- Work to complete -
When the line containing "r g q db).1" is found in the data below, copy it and each line after it through the line containing "statement-IsSound e explain (unless (taken", exactly and with no others.

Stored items
#####
-- ===== src/Accounts/Soundness.antt =====
-- crates/storage/src/users.rs and tokens.rs: their calls keep the tables sound.
use chenni_x_api.Prelude.Int.{ℤ, pos}
use chenni_x_api.Prelude.Lists.{is_empty}
use chenni_x_api.Prelude.Tests.{◌==◌, Bool-cases, if◌then◌else◌}
use chenni_x_api.Prelude.{
  ℕ, ◌≡◌, refl, String, Bool, true, false, ◌&&◌, Option, none, List, [], ◌∷◌, ◌++◌, inl, inr, arith,
}
use chenni_x_api.Common.Types.{RowId}
use chenni_x_api.Common.Results.{ProxyResult, ok, err}
use chenni_x_api.Storage.Table.{adjust_at}
use chenni_x_api.Accounts.{
  UserRow, TokenRow, Accounts, Violation, next_id, has_id, taken, taken_elsewhere, unless,
  foreign_key, statement,
}
use chenni_x_api.Accounts.Users.{
  new_user, set_user, drop_user, user_is_logged, username_taken, create_user_with_quota,
  create_user, update_quota, update_password, update_user, delete_user,
}
use chenni_x_api.Accounts.Users
use chenni_x_api.Accounts.Tokens.{
  store_limits, plain_row, full_row, set_token, drop_tokens, token_is_logged, new_violation,
  insert_token, create_token, create_token_full, update_remain_quota_delta, set_model_limits,
  update_token, delete_where, delete_token, delete_token_by_id,
}
use chenni_x_api.Accounts.Tokens
use chenni_x_api.Accounts.Rows.{
  Distinct, adjust_at-Distinct, adjust_at-Distinct_renamed, adjust_at-absent,
}
use chenni_x_api.Accounts.Integrity.{
  user_id_of, token_id_of, name_of, key_of, IsSound, statement-IsSound, set_user-IsSound,
  set_token-IsSound, add_user-IsSound, add_token-IsSound, drop_tokens-IsSound, drop_user-IsSound,
}
use chenni_x_api.Accounts.Calls.{
  Call, perform, perform_all, creates_user, creates_user_with_quota, updates_quota,
  updates_user_used, updates_user_status, updates_password, updates_user, deletes_user,
  creates_token, creates_token_full, updates_remain, updates_token_used, updates_token_status,
  sets_model_limits, updates_token, deletes_token, deletes_token_by_id,
}

unless-none : (b : Bool) (v : Violation) → unless b v ≡ none → b ≡ false
unless-none true v h = ground arith
unless-none false v h = refl

new_violation-none :
    (user_id : RowId) (key : String) (db : Accounts)
    → new_violation user_id key db ≡ none
    → (taken key_of key db.tokens ≡ false) × (has_id user_id_of user_id db.users ≡ true)
new_violation-none user_id key db h = ground arith

renamed-Distinct :
    (k : ℕ) (f : UserRow → UserRow) (s : String) (db : Accounts)
    → ((r : UserRow) → name_of (f r) ≡ s)
    → IsSound db
    → (has_id user_id_of k db.users && taken_elsewhere user_id_of name_of k s db.users) ≡ false
    → Distinct name_of (adjust_at user_id_of k f db.users)
renamed-Distinct k f s db names sound n = elim (Bool-cases (has_id user_id_of k db.users)) [
  | inl e ↦
      adjust_at-Distinct_renamed user_id_of name_of f k s names db.users sound.user_ids
        (ground (arith, n, e)) sound.usernames
  | inr e ↦ rw (adjust_at-absent user_id_of k f db.users e) sound.usernames
]

module _ (explain : Violation → String) (print : List String → ProxyResult String) where
  set_user_call :
      (e : Option String) (k : ℕ) (f : UserRow → UserRow) (db : Accounts)
      → ((r : UserRow) → user_id_of (f r) ≡ user_id_of r)
      → ((r : UserRow) → name_of (f r) ≡ name_of r)
      → IsSound db
      → IsSound (statement e explain none tt (set_user k f) db).1
  set_user_call e k f db keeps same s =
      statement-IsSound e explain none tt (set_user k f) db s (λ _.
        set_user-IsSound k f db keeps
          (adjust_at-Distinct user_id_of f keeps name_of same k db.users s.usernames) s)

  set_token_call :
      (e : Option String) (k : ℕ) (f : TokenRow → TokenRow) (db : Accounts)
      → ((t : TokenRow) → token_id_of (f t) ≡ token_id_of t)
      → ((t : TokenRow) → key_of (f t) ≡ key_of t)
      → ((t : TokenRow) → (f t).user_id ≡ t.user_id)
      → IsSound db
      → IsSound (statement e explain none tt (set_token k f) db).1
  set_token_call e k f db keeps same owner s =
      statement-IsSound e explain none tt (set_token k f) db s
        (λ _. set_token-IsSound k f db keeps same owner s)

  create_user_call :
      (e : Option String) (u h : String) (r : ℤ) (g : String) (q : ℤ) (db : Accounts)
      → IsSound db
      → IsSound (create_user_with_quota e explain u h r g q db).1
  unfolding create_user_with_quota
  create_user_call e u h r g q db s =
      let row = new_user u h r g q db in
      statement-IsSound e explain (unless (taken name_of u db.users) username_taken) row.id
        (λ d. record d { users = d.users ++ row ∷ [] }) db s
        (λ n.
          add_user-IsSound row db refl (unless-none (taken name_of u db.users) username_taken n) s)

  insert_token_call :
      (e : Option String) (row : RowId → TokenRow) (db : Accounts)
      → ((k : RowId) → (row k).id ≡ k)
      → IsSound db
      → IsSound (insert_token e explain row db).1
  unfolding insert_token
  insert_token_call e row db keyed s =
      let id = next_id token_id_of db.tokens in
      statement-IsSound e explain (new_violation (row id).user_id (row id).key db) id
        (λ d. record d { tokens = d.tokens ++ row id ∷ [] }) db s
        (λ n.
          let (free, owned) = new_violation-none (row id).user_id (row id).key db n in
          add_token-IsSound (row id) db (keyed id) free owned s)

  delete_call :
      (e : Option String) (p : TokenRow → Bool) (db : Accounts)
      → IsSound db
      → IsSound (delete_where e explain p db).1
  unfolding delete_where
  delete_call e p db s =
      statement-IsSound e explain (unless (token_is_logged p db) foreign_key) tt (drop_tokens p) db
        s (λ n. drop_tokens-IsSound p db (unless-none (token_is_logged p db) foreign_key n) s)

  store_limits_call :
      (e : Option String) (k : RowId) (b : Bool) (json : ProxyResult String) (db : Accounts)
      → IsSound db
      → IsSound (store_limits e explain k b json db).1
  unfolding store_limits
  store_limits_call e k b (err x) db s = s
  store_limits_call e k b (ok json) db s =
      set_token_call e k _ db (λ _. refl) (λ _. refl) (λ _. refl) s

  perform-IsSound :
      (e : Option String) (c : Call) (db : Accounts)
      → IsSound db
      → IsSound (perform explain print e c db)
  unfolding perform create_user set_model_limits create_user_with_quota update_quota
      Users.update_used_quota_delta Users.update_status update_password update_user delete_user
      create_token create_token_full update_remain_quota_delta Tokens.update_used_quota_delta
      Tokens.update_status update_token delete_token delete_token_by_id
  perform-IsSound e (creates_user u h r g) db s = create_user_call e u h r g (pos 0) db s
  perform-IsSound e (creates_user_with_quota u h r g q) db s = create_user_call e u h r g q db s
  perform-IsSound e (updates_quota k q) db s = set_user_call e k _ db (λ _. refl) (λ _. refl) s
  perform-IsSound e (updates_user_used k d) db s = set_user_call e k _ db (λ _. refl) (λ _. refl) s
  perform-IsSound e (updates_user_status k x) db s =
      set_user_call e k _ db (λ _. refl) (λ _. refl) s
  perform-IsSound e (updates_password k h) db s = set_user_call e k _ db (λ _. refl) (λ _. refl) s
  perform-IsSound e (updates_user k u r x g q) db s =
      statement-IsSound e explain _ tt (set_user k _) db s (λ n.
        set_user-IsSound k _ db (λ _. refl)
          (renamed-Distinct k _ u db (λ _. refl) s
            (unless-none
              (has_id user_id_of k db.users && taken_elsewhere user_id_of name_of k u db.users)
              username_taken n))
          s)
  perform-IsSound e (deletes_user k) db s =
      statement-IsSound e explain (unless (user_is_logged k db) foreign_key) tt (drop_user k) db s
        (λ n. drop_user-IsSound k db (unless-none (user_is_logged k db) foreign_key n) s)
  perform-IsSound e (creates_token u k n r l) db s =
      insert_token_call e (plain_row u k n r l) db (λ _. refl) s
  perform-IsSound e (creates_token_full u n k r l x m b i) db s =
      insert_token_call e (full_row u n k r l x m b i) db (λ _. refl) s
  perform-IsSound e (updates_remain k d) db s =
      set_token_call e k _ db (λ _. refl) (λ _. refl) (λ _. refl) s
  perform-IsSound e (updates_token_used k d) db s =
      set_token_call e k _ db (λ _. refl) (λ _. refl) (λ _. refl) s
  perform-IsSound e (updates_token_status k x) db s =
      set_token_call e k _ db (λ _. refl) (λ _. refl) (λ _. refl) s
  perform-IsSound e (sets_model_limits k b m) db s =
      store_limits_call e k b (if is_empty m then ok "[]" else print m) db s
  perform-IsSound e (updates_token k n r l x m b i st) db s =
      set_token_call e k _ db (λ _. refl) (λ _. refl) (λ _. refl) s
  perform-IsSound e (deletes_token k u) db s = delete_call e (λ t. t.id == k && t.user_id == u) db s
  perform-IsSound e (deletes_token_by_id k) db s = delete_call e (λ t. t.id == k) db s

  -- After any calls that write users and tokens, each of which SQLite may refuse, sound tables are
  -- sound: ids ascend, user names and keys are distinct, every token has its user, and what the
  -- usage log refers to exists.
  pub perform_all-IsSound :
      (calls : List (Option String × Call)) (db : Accounts)
      → IsSound db
      → IsSound (perform_all explain print calls db)
  unfolding perform_all
  perform_all-IsSound [] db s = s
  perform_all-IsSound ((e, c) ∷ cs) db s =
      perform_all-IsSound cs (perform explain print e c db) (perform-IsSound e c db s)
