-- ===== src/Adaptor.antt =====
-- crates/adaptor: the upstreams' requests, and the usage in their streams.
pub mod Urls
pub mod Requests
pub mod Usage
pub mod Cuts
#####
- Exercise result -
      → IsSound (create_user_with_quota e explain u h r g q db).1
  unfolding create_user_with_quota
  create_user_call e u h r g q db s =
      let row = new_user u h r g q db in
      statement-IsSound e explain (unless (taken name_of u db.users) username_taken) row.id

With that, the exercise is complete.